For Students

My Retinoscope is my friend!!

The use of the retinoscope/ opthalmoscope can feel intimidating, especially for students. For me, my disliking of retinoscope increased when I was released into the workforce and non of the clinics I worked at used it, even at the hospital!

But today, the retinoscope is my friend and I’m writing this post to hopefully expand the friendship circle.

It’s most common uses:

1. Retinoscopy

Retinoscopy is used as a baseline for subjective refraction or even to objectively obtain a refraction from pre-verbal or uncooperative children and people with physical or cognitive disabilities.

If you can expertly use a manual vertomer then Retinoscopy is way easier.

Retinoscopy Made Simple

  1. Always start WITH motion

It’s okay if you don’t understand the mechanics of how light is refracted depending on the refractive error; but if you do that is a bonus! Anyway, WITH motion is associated with hyperopes or plus lenses. Always add more power!

  • If you started with a patient already showing WITH motion, add more plus lenses to neutralize the power.
  • If you started with Against motion, use a large minus lens like -10 or -5 and progress towards the positive lenses to obtain a WITH motion and neutralize the power.

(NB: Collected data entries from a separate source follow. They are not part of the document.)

-- ===== src/Result.antt =====
-- Python's exceptions as values: the class of the exception and its message.
use desktop_pc24x7_runtime.Prelude.{◌≡◌, refl, ap, ◌⊎◌, inl, inr, Bool, true, false, String}

-- The classes that some handler of the program tells apart. `name` is type(exc).__name__ of a
-- class that no handler names.
pub data ExceptionClass : Type 0 where
  supervisor_error watchdog_error broker_error recovery_error claim_error : ExceptionClass
  os_error subprocess_error value_error type_error key_error : ExceptionClass
  other_error : String → ExceptionClass

pub record Exception : Type 0 where
  pub class : ExceptionClass
  pub message : String

pub data Result {ℓ} (A : Type ℓ) : Type ℓ where
  ok : A → Result A
  raised : Exception → Result A

abbrev pub ◌>>=◌ {ℓ κ} :
    {Value : Type ℓ} {Next : Type κ} → Result Value → (Value → Result Next) → Result Next
◌>>=◌ (raised exc) next = raised exc
◌>>=◌ (ok value) next = next value

abbrev pub ◌>>◌ {ℓ} : {B : Type ℓ} → Result (Unit {0}) → Result B → Result B
◌>>◌ step next = step >>= λ _. next

infixl 10 ◌>>=◌ ◌>>◌
abbrev pub raise {ℓ} : {A : Type ℓ} → ExceptionClass → String → Result A
raise c m = raised (record { class = c; message = m })

-- `if test: raise ...`
abbrev pub raise_if : Bool → ExceptionClass → String → Result (Unit {0})
raise_if true c m = raise c m
raise_if false c m = ok tt

pub >>=-eq-ok {ℓ κ} :
    {A : Type ℓ} {B : Type κ} (step : Result A) (next : A → Result B) {result : B}
    → (step >>= next) ≡ ok result
    → (value : A) × (step ≡ ok value) × (next value ≡ ok result)
>>=-eq-ok (raised exc) next h = cc
>>=-eq-ok (ok value) next h = (value, refl, h)

pub ok-injective {ℓ} : {A : Type ℓ} {a b : A} → ok a ≡ ok b → a ≡ b
ok-injective {A} {a} h = ap (value_or a) h
  where
    value_or : A → Result A → A
    value_or d (ok x) = x
    value_or d (raised e) = d

-- Inversion of two steps whose results are put together.
pub then-eq-ok {ℓ κ ι} :
    {A : Type ℓ} {B : Type κ} {C : Type ι} (m : Result A) (k : A → Result B) (f : A → B → C) {c : C}
    → (m >>= λ a. k a >>= λ b. ok (f a b)) ≡ ok c
    → (a : A) × (b : B) × (m ≡ ok a) × (k a ≡ ok b) × (f a b ≡ c)
then-eq-ok (raised e) k f h = cc
then-eq-ok (ok a) k f h =
    let (b, e, g) = >>=-eq-ok (k a) (λ b. ok (f a b)) h in (a, b, refl, e, ok-injective g)

pub Result-cases {ℓ} :
    {A : Type ℓ} (m : Result A) → ((a : A) × (m ≡ ok a)) ⊎ ((e : Exception) × (m ≡ raised e))
Result-cases (ok a) = inl (a, refl)
Result-cases (raised e) = inr (e, refl)

abbrev pub succeeded {ℓ} : {A : Type ℓ} → Result A → Bool
succeeded (ok _) = true
succeeded (raised _) = false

2. Check the lens at horizontal and vertical meridians

  • If the person only has a spherical power without astigmatism, you will notice the neutralizing lens is the same lens at both meridians.
  • However, if the person does have astigmatism, the neutralizing lens at the vertical meridian may be different from the horizontal meridian. Set aside that lens and repeat step 1 until the second meridian is neutralized. Set aside lens number 2.
  • The lens with the stronger power (more plus) is the sphere and the difference between the 2 lenses is the astigmatism cylindrical power at the axis of the 2nd lens.
  • If the person has against the rule astigmatism, simply rotate the retinoscope beam to match the reflection in the eye. That is your axis!

3. Subtract the working distance from the sphere. Common distance is 67cm= 1.5D.

  • Otherwise, the formula is 100/working distance= Sphere Diopters

Here is a Retinoscopy simulator to practice until your heart is content

2. Portable Slitlamp

Well, not exactly but with bright direct transillumination, you can see opacities in the lens, iris, and vitreous screening for opacities and conditions like pigment dispersion syndrome and uveitis.

You can see anterior lesions by using the slit aperture if your model features it.

For funduscopy, depending on your model, your ophthalmoscope can suffice you from other equipment such as a fundus camera.

Use small pupil aperture, again if your model features it to easily see through small undilated pupils.

Again, the slit aperture can show you uneven retinal lessons!

My ophthalmoscope has a red-free filter to allow for better contrast and viewing of vessels and hemorrhages.

Cup to disc ratio can also be easily measured with this filter too. On the other hand, blue light filter allows for better viewing of optic disc drusens, as well as, fluorescence stained lesions.

Also, if you’ve got it, use the polarised light whilst at dark environments. It avoids retinal and corneal reflections while enhancing tissue colours.

A pale optic nerve may indicate optic neuritis or ischemia. Whereas a large cup-to-disc ratio indicates glaucoma. Cotton wool spots or vascular torsions indicate retinopathy and drusens at the macula may show early AMD!

While you are it, why not test the pupils (of course undilated!)

3. Measure Accommodation Lag

Accommodation lag is measured when a patient complains of symptoms relating to eye strain while doing near work.

It is different from measuring the amplitude of Accommodation, accommodation facility, Ac/A ratio, and convergence/diversion binocular fusion ranges. While these are important for the diagnosis of Accommodation related disorders such as Accommodation insufficiency; accommodative lag is helpful for determining the risk of Myopia in individuals.

It is easily measured by performing a normal retinoscopy however with 3 additional factors:

  1. Patient wears a prescription and is undilated.
  2. A near target is used for the patient to dynamically accommodate (as opposed to no target for standard retinoscopy)
  3. Retinoscopy is performed binocularly instead of monocular assessment, at a distance of 30-40cm and no subtraction of working distance is required at the end.

The specialist will first keep adding plus lenses while observing the with movement, until it reverses.

Accommodative lag Result is the lens in between the with and against movement. For example, with motion was seen with plus 1 lens and against was seen in a plus 1.5. The answer is 1.25.

It is easiest to use flippers for this assessment to allow for prompt shaping of lenses and observing of both eyes at the same time.

Lags occur when the stimulus is near and the eye appears to focus farther than the stimulus. Leads occur with far stimuli where the eye appears to focus nearer than the stimulus

Normally, the patient will under-accommodate for a target; +0.50D to +1.00 “lag” of accommodation at near is considered normal. 

A higher than normal lag of accommodation means that the person’s focusing ability is under-accommodating and is at high risk of myopia or progression of myopia, and a “lead” of accommodation means that the person is over-focusing.